Hindi Tourism QA System

• Hindi Tourism QA System is an automated framework that uses culturally sensitive, domain-adapted language models and curated datasets to answer tourism queries in Hindi.
• It integrates synthetic data generation, parameter-efficient LoRA tuning, and multilingual capabilities to deliver robust extractive and generative answers.
• System evaluations demonstrate high performance through staged training and quality control, ensuring practical application in low-resource, culturally nuanced tourism contexts.

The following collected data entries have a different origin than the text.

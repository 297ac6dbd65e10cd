-- ===== src/Ssm/Cycles.antt =====
-- packages/ssm-compiler/src/compile.ts, `findCycles`, `weakestMember` and `downgrade`. The `while`
-- loop runs on fuel: one unit per node, and one for the test that ends it.
pub mod Climb
pub mod Roots
pub mod Found
pub mod Links
pub mod Weakest
use matchline.Base.{
  ℕ, zero, suc, Bool, true, false, not, ◌&&◌, ◌||◌, List, [], ◌∷◌, ◌++◌, Option, none, some,
  if◌then◌else◌, ◌==◌, nat_beq, ltb, Text, text_eq, compare_text, Ordering, Map, get, has, put,
  length, includes, add, sort,
}
use matchline.Domain.Ladder.{LadderSourceKind, ParentLadderConfig}
use matchline.Domain.Snapshot.{ResolvedAssetNode, unresolved}
use matchline.Domain.Claim.{SsmRelationshipClaim}
use matchline.Ssm.Order.{tier_index, compare_claims}

-- The body of the loop that fills `parentOf`: parents outside the compile are left out.
abbrev pub link : Map Text ResolvedAssetNode → Map Text Text → Text → Option Text → Map Text Text
link nodes parent_of asset_id none = parent_of
link nodes parent_of asset_id (some parent_id) =
    if has nodes parent_id then put parent_of asset_id parent_id else parent_of

unfoldable pub links_from :
    Map Text ResolvedAssetNode → Map Text ResolvedAssetNode → Map Text Text → Map Text Text
links_from nodes [] parent_of = parent_of
links_from nodes ((asset_id, node) ∷ rest) parent_of =
    links_from nodes rest (link nodes parent_of asset_id node.parent.parent_asset_id)

-- The variables of the `while` loop.
pub record Climbing : Type 0 where
  pub path : List Text
  pub position_in_path : Map Text ℕ
  pub current : Option Text

-- `current !== undefined && !settled.has(current) && !positionInPath.has(current)`
unfoldable pub climbs_on : List Text → Climbing → Option Text → Bool
climbs_on settled s none = false
climbs_on settled s (some current) =
    not (includes settled current) && not (has s.position_in_path current)

abbrev pub stepped : Map Text Text → Climbing → Option Text → Climbing
stepped parent_of s none = s
stepped parent_of s (some current) = record {
  path = s.path ++ current ∷ [];
  position_in_path = put s.position_in_path current (length s.path);
  current = get parent_of current;
}

-- The `while` loop.
unfoldable pub climb : ℕ → Map Text Text → List Text → Climbing → Climbing
unfolding climbs_on
climb zero parent_of settled s = s
climb (suc fuel) parent_of settled s =
    let rest = climb fuel parent_of settled (stepped parent_of s s.current) in
    if climbs_on settled s s.current then rest else s

-- `xs.slice(n)`
unfoldable pub slice : List Text → ℕ → List Text
slice xs zero = xs
slice [] (suc n) = []
slice (x ∷ xs) (suc n) = slice xs n

pub record Search : Type 0 where
  pub settled : List Text
  pub cycles : List (List Text)

-- `if (current !== undefined) { const start = positionInPath.get(current); if (start !== undefined) … }`
unfoldable pub closed : Climbing → Option Text → List (List Text)
unfolding slice
closed s none = []
closed s (some current) = elim (get s.position_in_path current) [
  | none ↦ []
  | some start ↦ slice s.path start ∷ []
]

unfoldable pub add_all : List Text → List Text → List Text
add_all settled [] = settled
add_all settled (visited ∷ path) = add_all (add settled visited) path

abbrev pub finished : Search → Climbing → Search
finished state s = record {
  settled = add_all state.settled s.path;
  cycles = state.cycles ++ closed s s.current;
}

abbrev pub start_path : Text → Climbing
start_path start_id = record { path = []; position_in_path = []; current = some start_id }

-- The body of the loop over `orderedIds`.
unfoldable pub search_from : ℕ → Map Text Text → Search → Text → Search
search_from fuel parent_of state start_id =
    if includes state.settled start_id
    then state
    else finished state (climb fuel parent_of state.settled (start_path start_id))

unfoldable pub search_all : ℕ → Map Text Text → Search → List Text → Search
unfolding search_from
search_all fuel parent_of state [] = state
search_all fuel parent_of state (start_id ∷ ids) =
    search_all fuel parent_of (search_from fuel parent_of state start_id) ids

unfoldable pub find_cycles : Map Text ResolvedAssetNode → List Text → List (List Text)
unfolding search_all links_from
find_cycles nodes ordered_ids =
    (search_all (suc (length nodes)) (links_from nodes nodes [])
      (record { settled = []; cycles = [] }) ordered_ids).cycles

-- `chosen` and `chosenRank`, which are set together.
abbrev pub Chosen : Type 0
Chosen = Option (Text × ℕ)

abbrev pub is_gt : Ordering → Bool
is_gt Ordering.lt = false
is_gt Ordering.eq = false
is_gt Ordering.gt = true

abbrev pub rank_of : ParentLadderConfig → Option LadderSourceKind → ℕ
rank_of ladder none = length ladder.tiers
rank_of ladder (some source) = tier_index ladder source

abbrev pub outweighed : Text → ℕ → Chosen → Chosen
outweighed asset_id rank none = some (asset_id, rank)
outweighed asset_id rank (some (chosen, chosen_rank)) =
    if ltb chosen_rank rank
    then some (asset_id, rank)
    else if nat_beq rank chosen_rank && is_gt (compare_text asset_id chosen)
    then some (asset_id, chosen_rank)
    else some (chosen, chosen_rank)

-- The body of the loop in `weakestMember`.
abbrev pub weighed : ParentLadderConfig → Chosen → Text → Option ResolvedAssetNode → Chosen
weighed ladder chosen asset_id none = chosen
weighed ladder chosen asset_id (some node) =
    outweighed asset_id (rank_of ladder node.parent.ladder_source) chosen

unfoldable pub weakest_from :
    Map Text ResolvedAssetNode → ParentLadderConfig → Chosen → List Text → Chosen
weakest_from nodes ladder chosen [] = chosen
weakest_from nodes ladder chosen (asset_id ∷ cycle) =
    weakest_from nodes ladder (weighed ladder chosen asset_id (get nodes asset_id)) cycle

abbrev pub chosen_id : Chosen → Option Text
chosen_id none = none
chosen_id (some (chosen, rank)) = some chosen

unfoldable pub weakest_member :
    List Text → Map Text ResolvedAssetNode → ParentLadderConfig → Option Text
unfolding weakest_from
weakest_member cycle nodes ladder = chosen_id (weakest_from nodes ladder none cycle)

abbrev pub with_rejected :
    ParentLadderConfig
    → List SsmRelationshipClaim
    → Option SsmRelationshipClaim
    → List SsmRelationshipClaim
with_rejected ladder losing_claims none = losing_claims
with_rejected ladder losing_claims (some rejected) =
    sort (compare_claims ladder) (losing_claims ++ rejected ∷ [])

unfoldable pub downgrade : ResolvedAssetNode → ParentLadderConfig → ResolvedAssetNode
downgrade node ladder = record node {
  parent = record {
    parent_asset_id = none;
    ladder_source = none;
    winning_claim = none;
    demoted_from = node.parent.demoted_from;
    status = unresolved;
  };
  losing_claims = with_rejected ladder node.losing_claims node.parent.winning_claim;
}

A Hindi Tourism QA (Question Answering) System is an automated framework that addresses tourism-related queries in Hindi, leveraging domain-adapted LLMs and curated datasets to provide accurate, contextually grounded answers. These systems integrate advances in multilingual comprehension, synthetic data generation, parameter-efficient fine-tuning, and culturally sensitive model selection to meet the requirements of low-resource domains such as Indian tourism. Systems extensively evaluated for Varanasi and broader tourism contexts demonstrate robust extractive and generative QA capabilities in both monolingual and cross-lingual (English-Hindi) settings (Gupta et al., 2020, Majhi et al., 29 Oct 2025, Gatla et al., 28 Nov 2025).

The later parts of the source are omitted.